It's Saturday — market day — in the small, blue-collar Dutch town of Spijkenisse just outside Rotterdam.
The snow is coming down thick and fast, but that hasn't stopped people from gathering in the main square to buy local vegetables, cheese, meat and fish for the week ahead.
One of the shoppers is Leonard, a Surinamese man in his 60s who has lived in the town ever since he left the former Dutch colony 25 years ago. He didn’t want to give his last name. Leonard prays weekly in the Protestant church here, and like many of the locals, he thinks Dutch politician Geert Wilders, known for his anti-Islam, anti-immigrant positions, is onto something.
"He has some good points about immigration and terrorism," Leonard says with a shrug. "Sometimes you have to face reality."
Wilders' version of facing reality is a harsh one. Often described as the "Dutch Donald Trump," he courts controversy constantly, calling for all mosques to be closed, the country's borders to be sealed and the Netherlands to pull out of the European Union. Last year, Wilders was convicted of inciting discrimination in a speech where he called for fewer Moroccans in the country.
Such policies may seem at odds with the liberal stereotype of the Dutch, but Wilders' PVV party is set to do better than any other come election day, March 15. Part of the reason is his long-standing argument that Islam is incompatible with Dutch culture, something that resonates with people like Leonard.
"You have to accept the norm for this country, you cannot come with your own things here," he says, referring to Muslim cultural practices, such as women wearing headscarves, which he says make him uncomfortable. "You have to accept the law here."
Like Trump — who Leonard also admires — Wilders boasts about saying what's on his mind, openly rejecting the idea of being politically correct. At a recent rally, for example, he called some Moroccans in the country “scum.” For many in the Netherlands, those kinds of comments are racist, plain and simple, but Wilders’ supporters don't see it that way.
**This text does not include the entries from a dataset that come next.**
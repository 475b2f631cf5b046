-- ===== src/RateLimit/Isolation.antt =====
-- One identity's requests are decided as if it were alone, and an idle identity starts anew.
use ziti_ssh.Prelude.{
  ℕ, ◌+◌, ◌<◌, ◌≡◌, refl, sym, ap, ◌∙◌, Bool, false, not, List, [], ◌∷◌, ltb, if◌then◌else◌, some,
  arith, lt→ltb,
}
use ziti_ssh.Text.{Text, text_dec, text_eq, text_eq_refl, text_eq_ne}
use ziti_ssh.Dict.{
  Distinct, lookup, lookup-insert, lookup-retain, insert-Distinct, retain-Distinct, keep_if,
}
use ziti_ssh.RateLimit.{Bucket, Entry, RateMap, new, limiter_or, allow, evict}

-- A call of one of the two methods, with its time.
pub data Call : Type 0 where
  allows : Text → ℕ → Call
  evicts : ℕ → Call

-- The calls that concern an identity: its requests, and the sweeps.
pub only : Text → List Call → List Call
only id [] = []
only id (allows j now ∷ cs) =
    let rest = only id cs in if text_eq j id then allows j now ∷ rest else rest
only id (evicts now ∷ cs) = evicts now ∷ only id cs

module _ (b : Bucket) where
  open b use {Limiter, fresh, take_token}

  -- The decisions on the requests of `id`, in their order.
  pub decisions : Text → RateMap Limiter → List Call → List Bool
  decisions id m [] = []
  decisions id m (allows j now ∷ cs) =
      let rest = decisions id (allow b j now m).0 cs in
      if text_eq j id then (allow b j now m).1 ∷ rest else rest
  decisions id m (evicts now ∷ cs) = decisions id (evict b now m) cs

  -- Two tables that agree on one identity.
  pub record Agree (id : Text) (m n : RateMap Limiter) : Type 0 where
    pub left : Distinct m.entries
    pub right : Distinct n.entries
    pub ttl : m.idle_ttl ≡ n.idle_ttl
    pub entry : lookup id m.entries ≡ lookup id n.entries

  pub allow-Agree :
      (id : Text) (now : ℕ) (m n : RateMap Limiter)
      → Agree id m n
      → Agree id (allow b id now m).0 (allow b id now n).0
  unfolding allow
  allow-Agree id now m n h = record {
    left = insert-Distinct id _ m.entries h.left;
    right = insert-Distinct id _ n.entries h.right;
    ttl = h.ttl;
    entry =
        lookup-insert id id _ m.entries
        ∙ (λ i.
            if text_eq id id
            then some (record {
              limiter = (take_token now (limiter_or fresh (h.entry i))).0;
              last_seen = now;
            })
            else h.entry i)
        ∙ sym (lookup-insert id id _ n.entries);
  }

  pub allow-decision :
      (id : Text) (now : ℕ) (m n : RateMap Limiter)
      → Agree id m n
      → (allow b id now m).1 ≡ (allow b id now n).1
  unfolding allow
  allow-decision id now m n h = ap (λ e. (take_token now (limiter_or fresh e)).1) h.entry

  pub allow_other-Agree :
      (id j : Text) (now : ℕ) (m n : RateMap Limiter)
      → text_eq j id ≡ false
      → Agree id m n
      → Agree id (allow b j now m).0 n
  unfolding allow
  allow_other-Agree id j now m n ne h = record {
    left = insert-Distinct j _ m.entries h.left;
    right = h.right;
    ttl = h.ttl;
    entry = lookup-insert j id _ m.entries ∙ (rw ne h.entry);
  }

  pub evict-Agree :
      (id : Text) (now : ℕ) (m n : RateMap Limiter)
      → Agree id m n
      → Agree id (evict b now m) (evict b now n)
  unfolding evict
  evict-Agree id now m n h = record {
    left = retain-Distinct _ m.entries h.left;
    right = retain-Distinct _ n.entries h.right;
    ttl = h.ttl;
    entry =
        lookup-retain _ id m.entries h.left
        ∙ (λ i. keep_if (λ x. not (ltb (x.last_seen + h.ttl i) now)) (h.entry i))
        ∙ sym (lookup-retain _ id n.entries h.right);
  }

  pub new-Agree : (id : Text) (ttl : ℕ) → Agree id (new ttl) (new ttl)
  unfolding new
  new-Agree id ttl = record { left = tt; right = tt; ttl = refl; entry = refl }

  decisions-only_from :
      (id : Text) (cs : List Call) (m n : RateMap Limiter)
      → Agree id m n
      → decisions id m cs ≡ decisions id n (only id cs)
  unfolding decisions only
  decisions-only_from id [] m n h = refl
  decisions-only_from id (evicts now ∷ cs) m n h =
      decisions-only_from id cs _ _ (evict-Agree id now m n h)
  decisions-only_from id (allows j now ∷ cs) m n h = elim (text_dec j id) [
    | yes e ↦ rw e (
        ground (
          arith,
          text_eq_refl id,
          allow-decision id now m n h,
          decisions-only_from id cs (allow b id now m).0 (allow b id now n).0
              (allow-Agree id now m n h),
        ))
    | no ne ↦
        rw (text_eq_ne j id ne)
          (decisions-only_from id cs _ n (allow_other-Agree id j now m n (text_eq_ne j id ne) h))
  ]

  -- Whatever the others ask, and whenever the sweeps run, the requests of one identity are decided
  -- as in a run without the others' requests.
  pub decisions-only :
      (id : Text) (ttl : ℕ) (cs : List Call)
      → decisions id (new ttl) cs ≡ decisions id (new ttl) (only id cs)
  decisions-only id ttl cs = decisions-only_from id cs (new ttl) (new ttl) (new-Agree id ttl)

  -- A sweep after the idle time makes the identity a first-time caller, with all its burst.
  allow-evict :
      (id : Text) (sweep now : ℕ) (m : RateMap Limiter) (e : Entry Limiter)
      → Distinct m.entries
      → lookup id m.entries ≡ some e
      → e.last_seen + m.idle_ttl < sweep
      → (allow b id now (evict b sweep m)).1 ≡ (take_token now fresh).1
  unfolding allow evict
  allow-evict id sweep now m e d h idle =
      rw (lookup-retain _ id m.entries d, h, lt→ltb (e.last_seen + m.idle_ttl) sweep idle) refl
"He's not racist," says Dave, a 40-year-old former welder (who also declined to give his last name). "He says what he thinks. And sometimes he says some little things that he [shouldn't] say, but it's things that a lot of people in our country think about but don't want to say."
Dave has been out of a job, he says, since his boss in Rotterdam replaced him with lower-paid workers from Poland several years ago. These days, Dave sells fries out of a truck in the market every Saturday, but he struggles to get by.
He votes for PVV every year and says a large part of the appeal is their promise to put Dutch people first. If Wilders gets into power, for example, he's said he will cut development aid to poor countries (which accounted for about 0.75 percent of the country's gross national income in 2015) and use the money at home instead.
"I have three children ... [who] don't have enough things for school and that sort of thing, because everything is getting expensive," Dave says fiercely. "And then you see that they [the Dutch government] give a lot of money to other countries and that sort of thing to help other people.
"I know they need help also, but first look at your own people and then look at the rest of the world."
Some of PVV's support comes from unlikely quarters, including first- and second-generation immigrants from Muslim countries — the very people Wilders wants to keep out or force to assimilate.
"I think the statements he makes and the things he wants for this country will benefit us in the long run," Aylin says, before adding with a laugh, "My parents are also voting for him so I gotta keep them as friends; otherwise I can't sleep at home anymore."
She thinks immigration is the main issue driving support for Wilders in Spijkenisse. One in five locals voted for him in the last election in 2012, much higher than the national average of one in 10, and Wilders regularly holds rallies in the town.
Aylin says she can see that her customers at the market seem uncomfortable with the idea of foreigners in the town, in general, although she doesn't count herself and her family among them. For her, the foreigners are the ones who come to the country to take advantage of the benefit system rather than earn their own money and contribute to society, and those are the people who need to be kept out.
"As you can see, we are working hard for our money," she says proudly. "My parents have been here for the last 25 years, so we have basically become Dutch people."